Political dialogue with the opposition so as to reach, via an agreement of mutual recognition and stability, guarantees that they will stop supporting aggression against and boycott of our economy. An agreement favoring tranquility for all Venezuelans.

As regards ethical administration, deepening the battle against corruption carried forward by the Attorney General’s office, so as to recover oil production and income and expand the fight to restore public morality to the illegal entry, circulation and export of goods we produce or import, and to take that fight into the finance sector too.
By finely detailed planning of how to use reduced foreign exchange income on essential inputs to activate a broad-based modernization of the national productive economy installed and expanded by the Bolivarian Revolution in the private, communal and State sectors.

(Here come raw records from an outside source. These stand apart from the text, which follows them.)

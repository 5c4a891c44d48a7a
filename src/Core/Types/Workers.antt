-- ===== src/Core/Types/Workers.antt =====
-- v2/apiserver/internal/core/workers.go, the data.
use brignext.Base.{String, Bool, true, false, Option, List, [], ◌∷◌}
use brignext.Core.Types.Jobs.{Time, ContainerSpec, Job}

-- `unset` is Go's zero value "".
pub data WorkerPhase : Type 0 where
  aborted canceled failed pending running succeeded timed_out unknown unset : WorkerPhase

unfoldable pub worker_phases_all : List WorkerPhase
worker_phases_all =
    WorkerPhase.aborted ∷ WorkerPhase.canceled ∷ WorkerPhase.failed ∷ WorkerPhase.pending
    ∷ WorkerPhase.running ∷ WorkerPhase.succeeded ∷ WorkerPhase.timed_out ∷ WorkerPhase.unknown ∷ []

-- The comparison of two phases, which are strings in the source.
unfoldable pub same_phase : WorkerPhase → WorkerPhase → Bool
same_phase WorkerPhase.aborted WorkerPhase.aborted = true
same_phase WorkerPhase.canceled WorkerPhase.canceled = true
same_phase WorkerPhase.failed WorkerPhase.failed = true
same_phase WorkerPhase.pending WorkerPhase.pending = true
same_phase WorkerPhase.running WorkerPhase.running = true
same_phase WorkerPhase.succeeded WorkerPhase.succeeded = true
same_phase WorkerPhase.timed_out WorkerPhase.timed_out = true
same_phase WorkerPhase.unknown WorkerPhase.unknown = true
same_phase WorkerPhase.unset WorkerPhase.unset = true
same_phase _ _ = false

pub record WorkerGitConfig : Type 0 where
  pub clone_url : String
  pub commit : String
  pub ref : String
  pub init_submodules : Bool

pub record WorkerKubernetesConfig : Type 0 where
  pub image_pull_secrets : List String

pub record KubernetesJobPolicies : Type 0 where
  pub image_pull_secrets : List String

pub record JobPolicies : Type 0 where
  pub allow_privileged : Bool
  pub allow_docker_socket_mount : Bool
  pub kubernetes : Option KubernetesJobPolicies

pub record WorkerSpec : Type 0 where
  pub container : Option ContainerSpec
  pub use_workspace : Bool
  pub workspace_size : String
  pub git : Option WorkerGitConfig
  pub kubernetes : Option WorkerKubernetesConfig
  pub job_policies : Option JobPolicies
  pub log_level : String
  pub config_files_directory : String
  pub default_config_files : List (String × String)

pub record WorkerStatus : Type 0 where
  pub started : Option Time
  pub ended : Option Time
  pub phase : WorkerPhase

pub record Worker : Type 0 where
  pub spec : WorkerSpec
  pub status : WorkerStatus
  pub token : String
  pub hashed_token : String
  pub jobs : List (String × Job)
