-- ===== src/Core/Types/Projects.antt =====
-- v2/apiserver/internal/core/projects.go, the data, and meta/meta.go.
use brignext.Base.{ℕ, String, Option, List}
use brignext.Core.Types.Jobs.{Time}
use brignext.Core.Types.Workers.{WorkerSpec}

pub record ObjectMeta : Type 0 where
  pub id : String
  pub created : Option Time

-- `continue_` is `Continue`; the empty text starts at the beginning. A limit is an `int64`; the
-- model has the limits that are not negative.
pub record ListOptions : Type 0 where
  pub continue_ : String
  pub limit : ℕ

pub record ListMeta : Type 0 where
  pub continue_ : String
  pub remaining_item_count : ℕ

-- Go's `map[string]string`
abbrev pub Labels : Type 0
Labels = List (String × String)

pub record EventSubscription : Type 0 where
  pub source : String
  pub types : List String
  pub labels : Labels

pub record ProjectSpec : Type 0 where
  pub event_subscriptions : List EventSubscription
  pub worker_template : WorkerSpec

pub record KubernetesConfig : Type 0 where
  pub namespace : String

pub record Project : Type 0 where
  pub meta : ObjectMeta
  pub description : String
  pub spec : ProjectSpec
  pub kubernetes : Option KubernetesConfig

pub record ProjectList : Type 0 where
  pub meta : ListMeta
  pub items : List Project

By renewing the Revolution’s confidence in our people’s productive capacities. It was shown that we were only able to break through the productive ceilings imposed by monopolies and oligarch controlled business when, from 2004 onward, Comandante Chávez encouraged the expansion of ownership, finance and productive organization to small and medium-sized businesses, cooperatives, communal enterprises, new State companies, networks of freely associated producers, and to rural, industrial and fishing workers’ councils, among others.

It is all there in our own national statistics and those of the Economic Commission for Latin America and the Caribbean. That period saw the highest industrial and agricultural growth in decades.

Venezuela’s private monopoly and oligarch controlled business sector will not change overnight. Their origins as a legacy from the era of oil income dependency make that difficult. They exist and we have to work with them without strengthening their extortionate hold on our society so as to avoid them overwhelming us. One example is the meat boycott currently imposed by the big cattle ranchers.

That is their nature, as our Comandante Chávez always reminded us when he referred to Venezuelan capitalism with well-known sayings like, “armadillos don’t shave and tortoises don’t climb trees”.

We are going to address this speculative assault and recover complete political stability with the institutions created by our people, by fighting against corruption and democratizing ownership, production and distribution. That is the only way we can win.

(Elías Jaua is a Venezuelan politician and former university professor who served as Vice President of Venezuela from January 2010 to October 2012. He had been Minister of Foreign Affairs from January 2013 until September 2014).